Contemporary American culture is on trial, and the worst woman in the world is on hand to help figure out what's wrong with us. Performance Space New York will present DIVINE JUSTICE, Ariana Reines' 24-hour durational drama situating the feminine as the presumed authority of justice-and gathering attendees as artistic collaborators in creating a devotional space guided by the dialogue structures of restorative justice and musical and activist modes of call-and- response. DIVINE JUSTICE was made with the participation of Birgit Huppuch (Performer/Medea), Sunder Ganglani (Sound Design), Tuçe Yasak (Lighting Design), Marsha Ginsberg (Production Design), Ken Rus Schmoll (Drama Coach & Co-Director), Savitri D (Dramaturgy), and Yva Las Vegass (Musical Performance). A schedule of the proceedings-which include refreshments, meal breaks, more traditional performance events, meditation, conversation, and music-will be available on performancespacenewyork.org in the coming weeks.

DIVINE JUSTICE takes Medea as a central figure and spiritual guide, trailed by the millenia of misogynist panic and taboo her myth has spawned-a myth that has gone under-explored precisely for that reason. Rather than look away from this figure, this work orbits her, unpacking the myth's haunting of perceptions of women's agency over their bodies-and equations of reproductive rights with murder in our era of increasingly authoritarian bodily control.

Together through the night and into the next day, the poet, playwright, and astrologer; fellow performers (including Obie Award-winning actress Huppuch, playing Medea); and ticketed collaborators summon the ancient and the divine to imagine: what would happen if the planet Venus, as it does in the Zodiac, presided over the law? What would a judiciary that really answers to Venus look like? What would count as right and wrong, when Venus rules? And what would be the consequences for wrongdoing under such a system? Drawing energy from the origins of Greek theater, Balkan women's folk singing, the direct-action artworks of Reverend Billy's Church of Stop Shopping, and the trope of the courtroom drama in American popular culture, DIVINE JUSTICE amplifies the inherent theatricality and occultism of the courtroom while overturning its value system.

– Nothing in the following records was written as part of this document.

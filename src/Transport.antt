-- ===== src/Transport.antt =====
-- crates/hataori-runtime-foundation/src/transport.rs: what transports have in common.
use Prim.Native.String.{String}
use hataori_rs.Prelude.{ℕ, ◌+◌, ◌-◌, ◌^◌, min}
use hataori_rs.Protocol.Ids.{ProtocolError, LocalityId, Channel}
use hataori_rs.Protocol.Parcel.{Parcel}
pub mod Submission
pub mod Memory

pub data TransportError : Type 0 where
  protocol : ProtocolError → TransportError
  invalid_destination : LocalityId → TransportError
  -- channel, limit
  queue_full : Channel → ℕ → TransportError
  -- actual, limit
  byte_limit : ℕ → ℕ → TransportError
  disconnected : LocalityId → TransportError
  peer : String → TransportError
  io : String → TransportError
  timeout : String → TransportError
  shutdown wrong_thread : TransportError

-- A `SendTicket` wraps a number.
abbrev pub SendTicket : Type 0
SendTicket = ℕ

pub data TransportEvent : Type 0 where
  local_send_complete : SendTicket → TransportEvent
  incoming : Parcel → TransportEvent
  send_failed : SendTicket → TransportError → TransportEvent
  peer_failed : LocalityId → TransportError → TransportEvent
  shutdown_complete : TransportEvent

pub record TransportStats : Type 0 where
  pub submitted_parcels : ℕ
  pub submitted_bytes : ℕ
  pub received_parcels : ℕ
  pub received_bytes : ℕ
  pub queued_control : ℕ
  pub queued_action : ℕ
  pub queued_bulk : ℕ
  pub queued_bytes : ℕ
  pub retained_read_bytes : ℕ
  pub retained_write_bytes : ℕ
  pub retained_reassembly_bytes : ℕ
  pub peer_failures : ℕ
  pub pending_events : ℕ
  pub pending_event_bytes : ℕ

abbrev pub no_stats : TransportStats
no_stats = record {
  submitted_parcels = 0;
  submitted_bytes = 0;
  received_parcels = 0;
  received_bytes = 0;
  queued_control = 0;
  queued_action = 0;
  queued_bulk = 0;
  queued_bytes = 0;
  retained_read_bytes = 0;
  retained_write_bytes = 0;
  retained_reassembly_bytes = 0;
  peer_failures = 0;
  pending_events = 0;
  pending_event_bytes = 0;
}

Reines conceived DIVINE JUSTICE in the wake of the hearings of Brett Kavanaugh and Kyle Rittenhouse, and their precise portraits of the judiciary as a theater of white masculine hysteria. This disillusionment with the American justice system and its structural incapacity to protect society's most vulnerable was further compounded by the May 2 Supreme Court revelations shattering hopes of decades of struggle to maintain reproductive rights-in the same breath as ornamented figures of lopsided power, influence, and cultural fixation were spilling onto the Gilded Glamor Met Gala red carpet.

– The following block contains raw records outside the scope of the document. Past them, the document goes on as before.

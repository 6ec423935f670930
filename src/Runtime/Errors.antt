-- ===== src/Runtime/Errors.antt =====
-- crates/hataori-runtime/src/error.rs: errors. A duration is a number, and a static string is a
-- string.
use Prim.Native.String.{String}
use hataori_rs.Prelude.{ℕ}
use hataori_rs.Transport.{TransportError}
use hataori_rs.Protocol.Ids.{ActionId, DomainId, LocalityId, ObjectId, ObjectLocation, RequestId}

pub data RuntimeState : Type 0 where
  created bootstrapping running draining stopped failed : RuntimeState

pub data ResourceKind : Type 0 where
  pending_calls action_queue dedup_entries dedup_bytes send_tickets objects : ResourceKind
  object_mailbox resolver_entries locality_leases object_roots : ResourceKind
  placement_tickets lease_transfers migrations prepared_migrations : ResourceKind
  forwarders snapshot_bytes snapshot_segments : ResourceKind

-- An `ObjectTypeId` wraps a number.
abbrev pub ObjectTypeId : Type 0
ObjectTypeId = ℕ

pub data RuntimeError : Type 0 where
  invalid_limits : String → RuntimeError
  builder_sealed handshake_not_prepared : RuntimeError
  -- expected, actual
  invalid_state : RuntimeState → RuntimeState → RuntimeError
  duplicate_action : ActionId → RuntimeError
  unknown_action : ActionId → RuntimeError
  unknown_domain : DomainId → RuntimeError
  duplicate_object_type : ObjectTypeId → RuntimeError
  unknown_object_type : ObjectTypeId → RuntimeError
  unknown_object : ObjectId → RuntimeError
  object_collected : ObjectId → RuntimeError
  stale_object_location : ObjectId → RuntimeError
  object_action : String → RuntimeError
  invalid_object_type_id invalid_object_concurrency : RuntimeError
  pinned_object_type : ObjectTypeId → RuntimeError
  migration_in_progress : ObjectId → RuntimeError
  migration_conflict : ObjectId → RuntimeError
  -- request, message
  migration : RequestId → String → RuntimeError
  migration_rolled_back : ObjectId → RuntimeError
  -- object, message
  migration_committed_failure : ObjectId → String → RuntimeError
  -- bytes, limit
  snapshot_too_large : ℕ → ℕ → RuntimeError
  -- object, location
  moved : ObjectId → ObjectLocation → RuntimeError
  redirect_limit : ObjectId → RuntimeError
  invalid_action_id invalid_schema invalid_deadline : RuntimeError
  invalid_membership : LocalityId → RuntimeError
  -- resource, limit
  resource_exhausted : ResourceKind → ℕ → RuntimeError
  -- request, deadline
  deadline_exceeded : RequestId → ℕ → RuntimeError
  cancelled : RequestId → RuntimeError
  -- request, message
  remote_action : RequestId → String → RuntimeError
  remote_object : RequestId → String → RuntimeError
  placement : RequestId → String → RuntimeError
  lease : RequestId → String → RuntimeError
  lease_transfer_expired : ObjectId → RuntimeError
  duplicate_result_unavailable : RequestId → RuntimeError
  protocol : String → RuntimeError
  transport : TransportError → RuntimeError
  peer_failed : LocalityId → RuntimeError
  shutdown shutdown_timeout retained_resources : RuntimeError

-- The messages are short enough for `cap`.
pub data ActionError : Type 0 where
  codec user : String → ActionError
  panicked : ActionError
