-- ===== src/Algorithms.antt =====
-- crates/hataori-algorithms/src: options.rs and error.rs, and the parallel map of batch.rs. A duration
-- is a number.
use Prim.Native.String.{String}
use hataori_rs.Prelude.{
  ℕ, ◌+◌, ◌*◌, ◌^◌, Bool, true, false, ◌||◌, Result, ok, err, panic, ltb, eqb, if◌then◌else◌,
}
use hataori_rs.Prelude.Fallible.{◌>>=◌}
use hataori_rs.Protocol.Ids.{DomainId}
use hataori_rs.Runtime.Errors.{RuntimeError}
pub mod Controller
pub mod Absorb
pub mod Absorbing
pub mod Expected
pub mod Filling
pub mod Slots
pub mod Polling
pub mod Scanning
pub mod Rounds
pub mod Batches
pub mod Running
pub mod Codec
pub mod Ready
pub mod Tests

pub data AlgorithmError : Type 0 where
  runtime : RuntimeError → AlgorithmError
  -- index, message
  callback : ℕ → String → AlgorithmError
  invalid_options : String → AlgorithmError
  input_shape : String → AlgorithmError
  protocol : String → AlgorithmError

pub data LocalMode : Type 0 where
  sequential outer inner : LocalMode

pub record PmapOptions : Type 0 where
  pub batch_size : ℕ
  pub local_mode : LocalMode
  pub prefetch : Bool
  pub deadline : ℕ
  pub domain : DomainId
  pub inflight_limit : ℕ

unfoldable pub validate_options : PmapOptions → Result AlgorithmError (Unit {0})
validate_options o =
    if eqb o.batch_size 0 || ltb 1048576 o.batch_size
    then err (AlgorithmError.invalid_options "batch_size must be between 1 and 1048576")
    else if eqb o.deadline 0
    then err (AlgorithmError.invalid_options "deadline must be nonzero")
    else ok tt

-- `targets.checked_mul(1 + usize::from(self.prefetch))`
unfoldable pub with_targets : ℕ → PmapOptions → Result AlgorithmError PmapOptions
with_targets targets o =
    if eqb targets 0
    then err (AlgorithmError.input_shape "membership must be nonzero")
    else let limit = targets * (1 + (if o.prefetch then 1 else 0)) in
      if ltb limit (2 ^ 64)
      then ok (record o { inflight_limit = limit })
      else err (AlgorithmError.invalid_options "in-flight batch limit overflow")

How can we change a culture built from the alloy of injustice and spectacle? Reines felt a performance where people passively spectate, leave after 90 minutes, and get dinner couldn't begin to address this and other central questions. She made a performance, instead, for the "hardcore people": people who want to give more, not less, to one another and their highest ideals.

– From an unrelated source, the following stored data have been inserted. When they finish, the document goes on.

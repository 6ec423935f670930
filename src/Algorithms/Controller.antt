-- ===== src/Algorithms/Controller.antt =====
-- crates/hataori-algorithms/src/batch.rs: `build` and `PmapFuture::poll`. What runs a batch is another
-- component's: `submit` starts one and `poll_future` asks for its reply, both over a state `W`.
use Prim.Native.String.{String}
use hataori_rs.Prelude.{
  ℕ, zero, suc, ◌+◌, ◌^◌, Bool, true, false, not, ◌&&◌, Option, none, some, List, [], ◌∷◌, ◌++◌,
  Result, ok, err, panic, ltb, if◌then◌else◌, length, is_empty, get_elem?, set, take, drop,
  replicate,
}
use hataori_rs.Prelude.Action.{Action, ◌>>=◌, ◌>>◌, pure, fail, read, get, modify, expect}
use hataori_rs.Prelude.Fallible
use hataori_rs.Runtime.Errors.{RuntimeError}
use hataori_rs.Algorithms.{AlgorithmError, LocalMode, PmapOptions, validate_options, with_targets}

pub record BatchAction (A : Type 0) : Type 0 where
  pub start : ℕ
  pub mode : LocalMode
  pub items : List A

-- `item_ok` and `item_err` stand for `Ok` and `Err`.
pub data ItemReply (T : Type 0) : Type 0 where
  item_ok : T → ItemReply T
  item_err : String → ItemReply T

pub record BatchReply (T : Type 0) : Type 0 where
  pub start : ℕ
  pub items : List (ItemReply T)

pub record ControllerStats : Type 0 where
  pub item_count : ℕ
  pub batch_count : ℕ
  pub peak_in_flight : ℕ
  pub placement_submissions : ℕ

-- What polling a future of the type `F` gives: `pending` with the future after it.
pub data Polled (F U : Type 0) : Type 0 where
  pending : F → Polled F U
  failed : RuntimeError → Polled F U
  finished : BatchReply U → Polled F U

-- `PmapFuture`, a slot being its future, with the state `W` around it.
pub record PmapFuture (A U W F : Type 0) : Type 0 where
  pub pending : List (ℕ × List A)
  pub slots : List F
  pub options : PmapOptions
  pub outputs : List (Option U)
  pub first_error : Option (ℕ × String)
  pub stats : ControllerStats
  pub done : Bool
  pub world : W

module _ {X : Type 0} where
  abbrev pub init : List X → List X
  init [] = []
  init (x ∷ []) = []
  init (x ∷ y ∷ xs) = x ∷ init (y ∷ xs)

  abbrev pub last : X → List X → X
  last x [] = x
  last x (y ∷ xs) = last y xs

  -- `Vec::swap_remove`: the last element takes the place of the one at `i`.
  unfoldable pub swap_remove : List X → ℕ → List X
  swap_remove [] i = []
  swap_remove (x ∷ xs) i = init (set (x ∷ xs) i (last x xs))

abbrev pub is_some : {X : Type 0} → Option X → Bool
is_some none = false
is_some (some x) = true

-- `max`
abbrev pub larger : ℕ → ℕ → ℕ
larger a b = if ltb a b then b else a

-- `is_none_or(|(old, _)| index < *old)`
abbrev pub is_first : ℕ → Option (ℕ × String) → Bool
is_first index none = true
is_first index (some (old, message)) = ltb index old

-- The batches of a list from the position `start`; the first argument bounds the rounds.
unfoldable pub chunks : {A : Type 0} → ℕ → ℕ → ℕ → List A → List (ℕ × List A)
chunks zero size start items = []
chunks (suc n) size start [] = []
chunks (suc n) size start (x ∷ xs) =
    let chunk = take size (x ∷ xs) in
    (start, chunk) ∷ chunks n size (start + length chunk) (drop size (x ∷ xs))

abbrev pub Step : (A U W F : Type 0) → Type 0 → Type 0
Step A U W F X = Action (PmapFuture A U W F) AlgorithmError X

-- `value.take().ok_or(..)` over the outputs.
unfoldable pub collect_outputs : {U : Type 0} → List (Option U) → Result AlgorithmError (List U)
collect_outputs [] = ok []
collect_outputs (none ∷ outputs) = err (AlgorithmError.protocol "missing batch result")
collect_outputs (some v ∷ outputs) = Fallible.◌>>=◌ (collect_outputs outputs) λ vs. ok (v ∷ vs)

module _ {A U W F : Type 0} where
  unfoldable pub build : List A → PmapOptions → W → Result AlgorithmError (PmapFuture A U W F)
  unfolding chunks
  build items options world = Fallible.◌>>=◌ (validate_options options) λ _.
      let pending = chunks (length items) options.batch_size 0 items in
      ok (record {
        pending = pending;
        slots = [];
        options = options;
        outputs = replicate (length items) none;
        first_error = none;
        stats = record {
          item_count = length items;
          batch_count = length pending;
          peak_in_flight = 0;
          placement_submissions = 0;
        };
        done = false;
        world = world;
      })

  -- `pmap` over as many places, `pmap_at` with one: what starts the batches at the places is the
  -- `submit` of the polls.
  unfoldable pub pmap : ℕ → PmapOptions → List A → W → Result AlgorithmError (PmapFuture A U W F)
  unfolding build
  pmap targets options items world =
      Fallible.◌>>=◌ (with_targets targets options) λ bounded. build items bounded world

  abbrev pub pmap_at : PmapOptions → List A → W → Result AlgorithmError (PmapFuture A U W F)
  pmap_at options items world = pmap 1 options items world

  -- `this.done = true; return Poll::Ready(Err(..))`
  abbrev pub stop : {X : Type 0} → AlgorithmError → Step A U W F X
  stop e = modify (λ t. record t { done = true }) >> fail e

  -- A value for the slot of the outputs that was found.
  abbrev pub absorb_value : ℕ → U → Option (Option U) → Step A U W F (Unit {0})
  absorb_value index v none = stop (AlgorithmError.protocol "invalid batch result index")
  absorb_value index v (some (some u)) = stop (AlgorithmError.protocol "invalid batch result index")
  absorb_value index v (some none) =
      modify (λ s. record s { outputs = set s.outputs index (some v) })

  -- One item of a reply, at its index.
  unfoldable pub absorb_item : ℕ → ItemReply U → Step A U W F (Unit {0})
  absorb_item index (ItemReply.item_ok v) = do
    t ← get
    absorb_value index v (get_elem? t.outputs index)
  absorb_item index (ItemReply.item_err message) = modify λ t.
      if is_first index t.first_error then record t { first_error = some (index, message) } else t

  -- The loop over a reply's items; `reply.start + offset` panics if it passes 64 bits.
  unfoldable pub absorb : ℕ → List (ItemReply U) → Step A U W F (Unit {0})
  absorb index [] = pure tt
  absorb index (item ∷ items) =
      if ltb index (2 ^ 64)
      then (absorb_item index item >> absorb (index + 1) items)
      else read (λ _. panic)

  -- The end of a poll whose batches have all replied. The outputs that `take` empties are not read
  -- again.
  unfoldable pub finish_with : Option (ℕ × String) → Step A U W F (List U × ControllerStats)
  unfolding collect_outputs
  finish_with (some (index, message)) =
      modify (λ t. record t { done = true; first_error = none })
      >> fail (AlgorithmError.callback index message)
  finish_with none = do
    modify (λ t. record t { done = true })
    out ← read (λ t. collect_outputs t.outputs)
    t ← get
    pure (out, t.stats)

  module _ (submit : BatchAction A → W → Result RuntimeError F × W)
      (poll_future : F → W → Polled F U × W) where
    -- `(this.submit)(action)`
    unfoldable pub start_batch : ℕ → List A → Result RuntimeError F × W → Step A U W F (Unit {0})
    start_batch start items (ok future, world) = modify λ t. record t {
      world = world;
      slots = t.slots ++ future ∷ [];
      stats = record t.stats {
        peak_in_flight = larger t.stats.peak_in_flight (length (t.slots ++ future ∷ []));
        placement_submissions = t.stats.placement_submissions + 1;
      };
    }
    start_batch start items (err e, world) =
        modify (λ t. record t { world = world }) >> stop (AlgorithmError.runtime e)
    start_batch start items (panic, world) = read (λ _. panic)

    unfoldable pub fill_from : List (ℕ × List A) → Step A U W F (Unit {0})
    fill_from [] = pure tt
    fill_from ((start, items) ∷ rest) = do
      t ← get
      if ltb (length t.slots) t.options.inflight_limit
          then (do
            modify (λ s. record s { pending = rest })
            start_batch start items (
                submit (record { start = start; mode = t.options.local_mode; items = items })
                  t.world)
            fill_from rest)
          else pure tt

    unfoldable pub fill : Step A U W F (Unit {0})
    unfolding fill_from
    fill = do t ← get; fill_from t.pending

    -- What the loop over the slots does with a slot that was polled; `next` is the rest of the loop.
    abbrev pub on_polled :
        ℕ → Bool → (ℕ → Bool → Step A U W F Bool) → Polled F U → Step A U W F Bool
    on_polled i progress next (Polled.pending future) =
        modify (λ s. record s { slots = set s.slots i future }) >> next (i + 1) progress
    on_polled i progress next (Polled.failed e) = stop (AlgorithmError.runtime e)
    on_polled i progress next (Polled.finished reply) =
        modify (λ s. record s { slots = swap_remove s.slots i })
        >> absorb reply.start reply.items
        >> next i true

    -- The loop over the slots from the position `i`: the first argument counts the slots behind it.
    unfoldable pub scan : ℕ → ℕ → Bool → Step A U W F Bool
    scan zero i progress = pure progress
    scan (suc n) i progress = do
      t ← get
      future ← expect (get_elem? t.slots i)
      modify (λ s. record s { world = (poll_future future t.world).1 })
      on_polled i progress (λ j moved. scan n j moved) (poll_future future t.world).0

    -- The rounds of a poll: `none` if they are too few, `some none` for `Poll::Pending`.
    unfoldable pub rounds : ℕ → Step A U W F (Option (Option (List U × ControllerStats)))
    rounds zero = pure none
    rounds (suc n) = do
      fill
      before ← get
      progress ← scan (length before.slots) 0 false
      t ← get
      if is_empty t.pending && is_empty t.slots
          then (do out ← finish_with t.first_error; pure (some (some out)))
          else if not progress
          then pure (some none)
          else rounds n

    -- Enough rounds for the batches that are left.
    unfoldable pub poll : Step A U W F (Option (Option (List U × ControllerStats)))
    unfolding rounds
    poll = do t ← get; rounds (length t.pending + length t.slots + 1)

Reines says, "Getting to do this together, it also has so much to do with what has happened to all of us and our bodies through the pandemic. We've all been through so much physically, we've all been apart in big ways and small-and we have also seen how this isolation has sparked mass movement and the community of that in the protests of last summer. So I want this coming together to have protest vibes, Occupy vibes, sit-in and task force vibes, and also slumber party, summer camp, camping-out-all-night-to-get-the-tickets to Bruce Springsteen vibes. It's all hands on deck, and of course people can leave when they want, but I'm excited about the people who are like, 'fuck this spectatorship shit, I want a new idea, I want a new discovery, and I want to build it myself!"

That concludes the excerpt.